What is expected
Go through the entries below and copy every line that holds the word "Simulators".

Record set
-- ===== src/Simulators/Anvil.antt =====
-- services/quote-engine/internal/quote/anvil.go: the simulator of a local fork, which traces the call and
-- adds up the transfers that the trace logged.
pub mod Transfers
pub mod Evidence
use text.Mathlib.Text.{starts_with}
use epeius.Prelude.{
  ℕ, ◌+◌, ◌*◌, ◌^◌, ◌%◌, String, Bool, true, false, not, ◌&&◌, ◌||◌, Option, none, some, List, [],
  ◌∷◌, ◌++◌, map, ltb, ◌==◌, str_eq, is_empty, codes, length, if◌then◌else◌,
}
use epeius.Prelude.Int.{ℤ, pos, negsuc, ◌-ℤ◌, ◌+ℤ◌, ltb_ℤ, eq_ℤ}
use epeius.Prelude.Decimal.{parse_uint, int_text, nat_text}
use epeius.Evm.{Evm, Bytes, valid_address}
use epeius.Wire.{UnsignedTransaction}
use epeius.Store.{BalanceProbe, AllowanceProbe, SimulationChecks}
use epeius.Engine.{Snapshot, Admission, admitted, refused}
use epeius.Executor.{equal_fold, lower}
use epeius.Execution.Environment.{
  service_unavailable, evidence, input_amount, minimum_output, protected_balance, Simulation,
  simulated, simulation_failed,
}
use epeius.Simulators.{Probing, valid_probe}

pub record AnvilSimulator : Type 0 where
  pub chain_id : String

pub record Log : Type 0 where
  pub address : ℕ
  pub topics : List ℕ
  pub bytes : Bytes

-- anvilTrace: from, to, input, error, logs and calls.
mutual
  pub data AnvilTrace : Type 0 where
    trace : ℕ → ℕ → Bytes → String → List Log → AnvilTraces → AnvilTrace

  pub data AnvilTraces : Type 0 where
    no_more : AnvilTraces
    and_then : AnvilTrace → AnvilTraces → AnvilTraces

-- The transaction of `debug_traceCall`, and the hash of the block, which has to be canonical.
pub record TraceCall : Type 0 where
  pub from : String
  pub to : String
  pub calldata : String
  pub value : String
  pub gas : String
  pub block : ℕ

-- What `url.Parse` and `net.ParseIP` say of an endpoint: whether the host is a loopback address, if
-- it is an address.
pub record Endpoint : Type 0 where
  pub scheme : String
  pub has_user : Bool
  pub raw_query : String
  pub fragment : String
  pub hostname : String
  pub is_loopback : Option Bool

unfoldable pub is_true : Option Bool → Bool
is_true none = false
is_true (some b) = b

unfoldable pub is_plain_loopback : Endpoint → Bool
is_plain_loopback e =
    str_eq e.scheme "http"
    && not e.has_user
    && is_empty e.raw_query
    && is_empty e.fragment
    && (str_eq e.hostname "localhost" || is_true e.is_loopback)

unfoldable pub has_prefix : List ℕ → List ℕ → Bool
has_prefix s [] = true
has_prefix [] (p ∷ prefix) = false
has_prefix (c ∷ s) (p ∷ prefix) = let rest = has_prefix s prefix in c == p && rest

unfoldable pub is_anvil : Option String → Bool
is_anvil none = false
is_anvil (some version) = has_prefix (map lower (codes version)) (codes "anvil/")

unfoldable pub is_chain : Option ℕ → String → Bool
is_chain none chain_id = false
is_chain (some actual) chain_id = str_eq (nat_text actual) chain_id

unfoldable pub is_endpoint : Option Endpoint → Bool
is_endpoint none = false
is_endpoint (some e) = is_plain_loopback e

-- NewAnvilSimulator, with the parsed endpoint, whether it could be dialled, and the answers of
-- `web3_clientVersion` and `eth_chainId`.
unfoldable pub new_anvil_simulator :
    Option Endpoint → Bool → Option String → Option ℕ → String → Admission AnvilSimulator
new_anvil_simulator endpoint dialled version actual chain_id =
    if not (is_endpoint endpoint)
    then refused "Anvil simulation requires a plain loopback HTTP RPC URL"
    else if not dialled
    then refused "could not connect to Anvil simulation RPC"
    else if not (is_anvil version)
    then refused "local simulation RPC is not Anvil"
    else if not (is_chain actual chain_id)
    then refused "Anvil simulation chain ID does not match configured chain"
    else admitted (record { chain_id = chain_id })

-- `collect`, with the logs so far.
unfoldable mutual
  pub collect : AnvilTrace → List Log → Bool × List Log
  collect (trace from to input error logs calls) collected =
      let inside = collect_all calls (collected ++ logs) in
      if is_empty error then inside else (false, collected)

  pub collect_all : AnvilTraces → List Log → Bool × List Log
  collect_all no_more collected = (true, collected)
  collect_all (and_then call calls) collected =
      let (done, more) = collect call collected in
      let rest = collect_all calls more in if done then rest else (false, more)

-- SetBytes
unfoldable pub bytes_value : Bytes → ℕ → ℕ
bytes_value [] acc = acc
bytes_value (b ∷ bytes) acc = bytes_value bytes (acc * 256 + b)

abbrev pub transfer_topic : ℕ
transfer_topic = 0xddf252ad1be2c89b69c2b068fc378daa952ba7f163c4a11628f55a4df523b3ef

-- The sender, the receiver and the value of a log that is a transfer of the token.
unfoldable pub transfer_of : ℕ → ℕ → Bytes → List ℕ → Option (ℕ × ℕ × ℕ)
transfer_of token address bytes (topic ∷ (from ∷ (to ∷ []))) =
    if address == token && topic == transfer_topic && length bytes == 32
    then some (from % 2 ^ 160, to % 2 ^ 160, bytes_value bytes 0)
    else none
transfer_of token address bytes [] = none
transfer_of token address bytes (topic ∷ []) = none
transfer_of token address bytes (topic ∷ (from ∷ [])) = none
transfer_of token address bytes (topic ∷ (from ∷ (to ∷ (other ∷ topics)))) = none

unfoldable pub add_transfer : ℕ → Option (ℕ × ℕ × ℕ) → ℤ → ℤ
add_transfer owner none result = result
add_transfer owner (some (from, to, value)) result =
    let sent = if from == owner then result -ℤ pos value else result in
    if to == owner then sent +ℤ pos value else sent

unfoldable pub add_logs : ℕ → ℕ → List Log → ℤ → ℤ
add_logs token owner [] result = result
add_logs token owner (log ∷ logs) result =
    add_logs token owner logs
      (add_transfer owner (transfer_of token log.address log.bytes log.topics) result)

-- `delta`
unfoldable pub delta : Evm → List Log → BalanceProbe → Option ℤ
delta evm logs probe =
    if valid_probe evm probe
    then some
        (add_logs (evm.hex_to_address probe.token) (evm.hex_to_address probe.owner) logs (pos 0))
    else none

unfoldable pub is_spent : ℤ → Option ℤ → Bool
is_spent amount none = false
is_spent amount (some change) = eq_ℤ (pos 0 -ℤ change) amount

unfoldable pub is_unchanged : Option ℤ → Bool
is_unchanged none = false
is_unchanged (some change) = eq_ℤ change (pos 0)

unfoldable pub all_unchanged : Evm → List Log → List BalanceProbe → Bool
all_unchanged evm logs [] = true
all_unchanged evm logs (probe ∷ probes) =
    let rest = all_unchanged evm logs probes in
    if is_unchanged (delta evm logs probe) then rest else false

unfoldable pub judge_output : Evm → List Log → List BalanceProbe → ℤ → Option ℤ → Simulation
judge_output evm logs preserve minimum none = simulation_failed minimum_output
judge_output evm logs preserve minimum (some output) =
    if ltb_ℤ output minimum
    then simulation_failed minimum_output
    else if all_unchanged evm logs preserve
    then simulated (int_text output)
    else simulation_failed protected_balance

unfoldable pub judge : Evm → List Log → SimulationChecks → ℤ → ℤ → Simulation
judge evm logs checks amount minimum =
    if is_spent amount (delta evm logs checks.input)
    then judge_output evm logs checks.preserve minimum (delta evm logs checks.output)
    else simulation_failed input_amount

unfoldable pub is_of_call : Probing → Evm → UnsignedTransaction → Bytes → AnvilTrace → Bool
is_of_call c evm tx expected (trace from to input error logs calls) =
    equal_fold (evm.address_hex from) tx.from
    && equal_fold (evm.address_hex to) tx.to
    && equal_fold (c.encode_hex input) (c.encode_hex expected)

unfoldable pub collected_or_failed : Evm → SimulationChecks → ℤ → ℤ → Bool × List Log → Simulation
collected_or_failed evm checks amount minimum (done, logs) =
    if done then judge evm logs checks amount minimum else simulation_failed evidence

unfoldable pub read_trace :
    Probing
    → Evm
    → UnsignedTransaction
    → SimulationChecks
    → ℤ
    → ℤ
    → Bytes
    → Option AnvilTrace
    → Simulation
read_trace c evm tx checks amount minimum expected none = simulation_failed service_unavailable
read_trace c evm tx checks amount minimum expected (some t) =
    if is_of_call c evm tx expected t
    then collected_or_failed evm checks amount minimum (collect t [])
    else simulation_failed evidence

unfoldable pub no_allowances : List AllowanceProbe → Bool
no_allowances [] = true
no_allowances (probe ∷ probes) = false

unfoldable pub is_traceable :
    Evm → AnvilSimulator → UnsignedTransaction → SimulationChecks → Snapshot → Bool
is_traceable evm s tx checks snapshot =
    str_eq tx.chain_id s.chain_id
    && str_eq tx.chain_id snapshot.chain_id
    && str_eq tx.value_atomic "0"
    && valid_address evm tx.from
    && valid_address evm tx.to
    && no_allowances checks.clear_allowances

-- The gas of the call, where it can be read, is above zero, and the block has a hash.
unfoldable pub gas_of : Evm → Snapshot → Option ℕ → Option ℕ
gas_of evm snapshot none = none
gas_of evm snapshot (some gas) =
    if not (gas == 0) && evm.is_hex_hash snapshot.block_hash then some gas else none

unfoldable pub trace_with :
    Probing
    → Evm
    → (TraceCall → Option AnvilTrace)
    → UnsignedTransaction
    → SimulationChecks
    → Snapshot
    → ℤ
    → ℤ
    → Option ℕ
    → Option Bytes
    → Simulation
trace_with c evm ask tx checks snapshot amount minimum none input = simulation_failed evidence
trace_with c evm ask tx checks snapshot amount minimum (some gas) none = simulation_failed evidence
trace_with c evm ask tx checks snapshot amount minimum (some gas) (some input) =
    read_trace c evm tx checks amount minimum input (
      ask (record {
        from = tx.from;
        to = tx.to;
        calldata = tx.calldata;
        value = "0x0";
        gas = c.encode_uint64 gas;
        block = evm.hex_to_hash snapshot.block_hash;
      }))

-- AnvilSimulator.Simulate, where `ask` is the RPC; `none` is an error of it.
unfoldable pub simulate :
    Probing
    → Evm
    → AnvilSimulator
    → (TraceCall → Option AnvilTrace)
    → UnsignedTransaction
    → SimulationChecks
    → Snapshot
    → ℤ
    → ℤ
    → Simulation
simulate c evm s ask tx checks snapshot amount minimum =
    if is_traceable evm s tx checks snapshot
    then trace_with c evm ask tx checks snapshot amount minimum
        (gas_of evm snapshot (parse_uint tx.gas_limit)) (c.decode_hex tx.calldata)
    else simulation_failed evidence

Reply
-- ===== src/Simulators/Anvil.antt =====
use epeius.Simulators.{Probing, valid_probe}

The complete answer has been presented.